The Schooner A.J. Meerwald is New Jersey's official Tall Ship. She is a restored oyster dredging schooner, whose home port is in Bivalve, Commercial Township, New Jersey. Launched in 1928, A.J. Meerwald was one of hundreds of schooners built along South Jersey's Bayshore before the decline of the shipbuilding industry which coincided with the Great Depression.
Today, the A.J. Meerwald is used by the Bayshore Center at Bivalve for onboard educational programs in the Delaware Bay near Bivalve, and at other ports in the New Jersey, Pennsylvania, and Delaware region. The A.J. Meerwald was added to the National Register of Historic Places on November 7, 1995.
Name: A.J. Meerwald
Owner: Bayshore Discovery Project
Builder: Charles H. Stowman & Sonos shipyard
Fate: educational vessel
History & Specifications
The A.J. Meerwald is a Delaware Bay Oyster Schooner, a distinct vessel that evolved to meet the needs of the local oyster fishery. The A.J. Meerwald, launched in 1928, was one of hundreds of schooners built along South Jersey’s Delaware Bay before the decline of the shipbuilding industry during Great Depression. The A.J. Meerwald embodies the true spirit of the schooner; adapted to efficiently fulfill the prevailing conditions and specific demands of her native waters. While there were once as many as five hundred schooners sailing ‘up the Bay’ to catch oysters, now there are only a handful of converted schooners still harvesting oysters.
1928: The Meerwald family of South Dennis commissioned Charles H. Stowman & Sons shipyard to build the A.J. Meerwald. She was a bald headed (without topmasts), gaff riffed oyster dredge. The oystering gear consisted of a winder, or gas powered winch, for hauling in the dredges.
1942: In June the Maritime Commission commandeered the A.J. Meerwald under the War Powers Act. She was turned over to the U.S. Coast Guard and outfitted as a fireboat.
1947: In January the A.J. Meerwald was returned to the Meerwald family. Eight months later they sold the vessel to Clyde A. Phillips who used her as an oyster dredge under power. The winder installed for dredging consisted of a power takeoff mounted forward of the engine. She became the Clyde A. Phillips.
1959: Ownership passed to Cornelius (Nicky) Campbell who outfitted her for surf clamming.
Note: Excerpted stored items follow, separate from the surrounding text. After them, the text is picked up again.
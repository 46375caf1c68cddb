-- ===== src/Promos/Tests.antt =====
-- One code of ten per cent.
use raycarwash_project.Base.{◌≡◌, ◌↔◌, refl, true, false, none, some, [], ◌∷◌}
use raycarwash_project.Catalog.{codes, is_space, lstrip, strip}
use raycarwash_project.Promos.{
  PromoCode, percent, PromoDb, max_redemptions_per_user_reached, refuse, preview, lookup,
  normalize_code, global_ineligible_reason, user_redemptions,
}
use raycarwash_project.Promos.Usable.{NamesUsable, preview-usable}

abbrev new10 : PromoCode
new10 = record {
  id = 1;
  code = codes "NEW10";
  discount_type = percent;
  discount_amount = 10;
  min_order_cents = some 2000;
  max_redemptions_per_user = 1;
  valid_from = none;
  valid_until = some 900;
  is_active = true;
  is_deleted = false;
}

abbrev promo_db : PromoDb
promo_db = record {
  promo_codes = new10 ∷ [];
  applied = record { promo_code_id = 1; user_id = 8 } ∷ [];
}

-- typed in lower case, with spaces
ten_off :
    preview 100 (codes " new10 ") 2999 (some 7) promo_db
    ≡ record { eligible = true; discount_cents = 299; final_cents = 2700; reason = none }
unfolding preview lookup normalize_code strip lstrip is_space global_ineligible_reason
    user_redemptions
ten_off = refl

used_up :
    preview 100 (codes "NEW10") 2999 (some 8) promo_db
    ≡ refuse 2999 max_redemptions_per_user_reached
unfolding preview lookup normalize_code strip lstrip is_space global_ineligible_reason
    user_redemptions
used_up = refl

preview-usable_example :
    ((preview 100 (codes "NEW10") 2999 (some 7) promo_db).eligible ≡ true)
    ↔ NamesUsable 100 (normalize_code (codes "NEW10")) 2999 (some 7) promo_db
preview-usable_example = preview-usable 100 (codes "NEW10") 2999 (some 7) promo_db (tt, tt)
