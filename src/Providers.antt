-- ===== src/Providers.antt =====
-- backend/domains/providers and the provider's part of backend/domains/users.
pub mod Verification
pub mod Application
During the 1960’s she was owned by American Clam and operated primarily as a clam dredge into the late 1970’s. She was eventually retired until her donation to Bayshore Center at Bivalve in 1989.
1988: Bayshore Center at Bivalve was formed and the Clyde A. Phillips was given to the project by Captain John Gandy.
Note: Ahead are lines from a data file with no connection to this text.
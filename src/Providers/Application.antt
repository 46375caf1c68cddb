-- ===== src/Providers/Application.antt =====
-- The application of a detailer: ProviderProfileService of
-- backend/domains/users/provider_profile_service.py, and the decisions of administrators on profiles in
-- backend/domains/admin/repository.py. The code of a city, a date, and the last four digits of a social
-- security number are numbers (none of their texts is empty). Texts of a profile that no decision reads
-- (tagline, bio, years, links, working hours) are not modelled.
pub mod Decisions
pub mod Requests
mod Steps
mod Complete
mod Kept
mod Tests
use Prim.Native.String.{String}
use text.Mathlib.Text.{◌==◌ as str_eq}
use raycarwash_project.Base.{
  ℕ, suc, Bool, true, false, not, ◌&&◌, ◌||◌, Option, none, some, List, [], ◌∷◌, ◌++◌, ◌==◌, leb,
  map, if◌then◌else◌, any, find_where, select_where, update_where,
}
use raycarwash_project.Store.{Error, http, Result, ok, err}
use raycarwash_project.Rides.{scalar_one_or_none}
use raycarwash_project.Payments.Intents.{truthy}
use raycarwash_project.Providers.Verification.{
  VerificationStatus, not_submitted, approved, rejected, is_approved,
}
use raycarwash_project.Admin.Roles.{Role, UserRoleAssociation}

pub data ProviderType : Type 0 where
  detailer mechanic : ProviderType

pub data ApplicationStatus : Type 0 where
  draft submitted bg_check_pending docs_review : ApplicationStatus
  application_approved application_rejected suspended : ApplicationStatus

pub data CityStatus : Type 0 where
  planned pilot active paused : CityStatus

pub record City : Type 0 where
  pub code : ℕ
  pub status : CityStatus
  pub is_deleted : Bool

pub record ProviderProfile : Type 0 where
  pub id : ℕ
  pub user_id : ℕ
  pub provider_type : ProviderType
  pub business_name : String
  pub display_name : Option String
  pub legal_full_name : Option String
  pub date_of_birth : Option ℕ
  pub ssn_last_4 : Option ℕ
  pub home_city_code : Option ℕ
  pub service_radius_miles : ℕ
  pub water_tank_gallons : Option ℕ
  pub services_offered : Option (List String)
  pub background_check_consent : Bool
  pub application_status : ApplicationStatus
  pub verification_status : VerificationStatus
  pub verification_submitted_at : Option ℕ
  pub verification_reviewed_at : Option ℕ
  pub rejection_reason : Option String
  pub is_active : Bool
  pub is_deleted : Bool

-- the action with the profile and its actor
pub data ProfileAudit : Type 0 where
  mode_switched profile_updated status_changed application_submitted :
      (profile actor : ℕ) → ProfileAudit
  detailer_approved detailer_suspended : (profile actor : ℕ) → ProfileAudit
  verification_approved verification_rejected : (profile actor : ℕ) → ProfileAudit

pub record ApplicationDb : Type 0 where
  pub next_id : ℕ
  pub roles : List Role
  pub user_roles : List UserRoleAssociation
  pub cities : List City
  pub profiles : List ProviderProfile
  pub audit : List ProfileAudit

abbrev pub is_detailer : ProviderType → Bool
is_detailer detailer = true
is_detailer mechanic = false

-- get_profile of ProviderRepository for a detailer
abbrev pub get_profile : ℕ → ApplicationDb → Result (Option ProviderProfile)
get_profile user d =
    scalar_one_or_none (λ p. p.user_id == user && (is_detailer p.provider_type && not p.is_deleted))
      d.profiles

-- get_or_404, and what a handler does with the profile
abbrev pub with_profile :
    ℕ
    → (ProviderProfile → Result (Unit {0}) × ApplicationDb)
    → ApplicationDb
    → Result (Unit {0}) × ApplicationDb
with_profile user next d = elim (get_profile user d) [
  | err e ↦ (err e, d)
  | ok none ↦ (err (http 404), d)
  | ok (some p) ↦ next p
]

-- a changed row, with its line of the log
abbrev pub save : ProviderProfile → ProfileAudit → ApplicationDb → ApplicationDb
save row line d = record d {
  profiles = update_where (λ p. p.id == row.id) (λ _. row) d.profiles;
  audit = d.audit ++ (line ∷ []);
}

pub record ActivateRequest : Type 0 where
  pub business_name : String
  pub display_name : Option String
  pub service_radius_miles : ℕ

abbrev pub is_radius : ℕ → Bool
is_radius miles = leb 1 miles && leb miles 200

abbrev pub new_profile : ℕ → ℕ → ActivateRequest → ProviderProfile
new_profile id user body = record {
  id = id;
  user_id = user;
  provider_type = detailer;
  business_name = body.business_name;
  display_name = body.display_name;
  legal_full_name = none;
  date_of_birth = none;
  ssn_last_4 = none;
  home_city_code = none;
  service_radius_miles = body.service_radius_miles;
  water_tank_gallons = none;
  services_offered = none;
  background_check_consent = false;
  application_status = draft;
  verification_status = not_submitted;
  verification_submitted_at = none;
  verification_reviewed_at = none;
  rejection_reason = none;
  is_active = false;
  is_deleted = false;
}

-- `value` if it is given
abbrev pub given : {A : Type 0} → Option A → Option A → Option A
given none old = old
given (some value) old = some value

abbrev pub given_or : {A : Type 0} → Option A → A → A
given_or none old = old
given_or (some value) old = value

abbrev pub reactivated : ActivateRequest → ProviderProfile → ProviderProfile
reactivated body p = record p {
  business_name = body.business_name;
  display_name = given body.display_name p.display_name;
  service_radius_miles = body.service_radius_miles;
}

abbrev pub assign_once : ℕ → ℕ → ApplicationDb → ApplicationDb
assign_once user role d =
    if any (λ u. u.user_id == user && u.role_id == role) d.user_roles
    then d
    else record d { user_roles = d.user_roles ++ (record { user_id = user; role_id = role } ∷ []) }

abbrev pub insert_profile : ProviderProfile → ApplicationDb → ApplicationDb
insert_profile row d = record d {
  next_id = suc d.next_id;
  profiles = d.profiles ++ (row ∷ []);
  audit = d.audit ++ (mode_switched row.id row.user_id ∷ []);
}

-- the profile, once the role is assigned
abbrev pub upsert :
    ℕ
    → ActivateRequest
    → Result (Option ProviderProfile)
    → ApplicationDb
    → Result (Unit {0}) × ApplicationDb
upsert user body (err e) d = (err e, d)
upsert user body (ok none) d = (ok tt, insert_profile (new_profile d.next_id user body) d)
upsert user body (ok (some p)) d = (ok tt, save (reactivated body p) (mode_switched p.id user) d)

-- A body out of range is refused before the handler.
unfoldable pub activate : ℕ → ActivateRequest → ApplicationDb → Result (Unit {0}) × ApplicationDb
activate user body d =
    if is_radius body.service_radius_miles
    then elim (scalar_one_or_none (λ (r : Role). str_eq r.name "detailer") d.roles) [
      | err e ↦ (err e, d)
      | ok none ↦ (err (http 500), d)
      | ok (some role) ↦ upsert user body (get_profile user d) (assign_once user role.id d)
    ]
    else (err (http 422), d)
1995: Clyde A. Phillips was rechristened and launched as the A.J. Meerwald and added to the National Register of Historic Places. She offers Public Sails, Charters, Family and Youth Camps, as well as Adult and Youth Education Sails throughout the Delaware River and Bay area, and along the Atlantic Coast.
Type: two-masted gaff schooner
Tonnage: 57 tons
Length: 85 feet (26 m) on deck
Beam: 22 feet (6.7 m)
Height: 70 feet (21 m)
Draft: 6 feet (1.8 m)
Propulsion: sail; auxiliary engine
Sail plan: mainsail, foresail, large jib
Capacity: 49 passengers
Notes: Oak hull; 3,562 square feet (330.9 m2) total sail area
The Schooner is registered as 76.1’ between perpendiculars, 22.3’ beam, 6’ depth of hold, 46 net tons and 57 gross tons. She measures 85’ on deck and 115’ overall when fully rigged. Her construction was/remains ‘oak on oak’ meaning oak planks laid on oak frames, as was tradition in Dorchester built vessels. She has relatively light scantlings, no knees and no horntimber which is also characteristic of Dorchester Schooners.
Sparred Length: 115 feet
Length on Deck: 85 feet
Draft: 6 feet (without Centerboard)
12 feet (with Centerboard down)
Beam: 22 feet 3 inches
Rig Height: 70 feet
Freeboard: 4 feet
Sail Area: 3,562 sq. feet
Gross Tonnage: 57 tons
The A.J. Meerwald was launched on September 7, 1928 by Charles H. Stowman & Sons at Dorchester, NJ. She was built a wood centerboard schooner with low freeboard and a raked transom stern designed for oyster dredging under sail and power. She had minimal draft, considerable beam and a flush deck from stem to stern. Her original sail rig, as evidenced in photographs taken during her first oystering season in 1929, typified the new style schooners; bald-headed (without topmasts), gaff rigged, with a large ‘gloriana peaked’ mainsail, a smaller foresail, and spike bowsprit supporting a single large club staysail.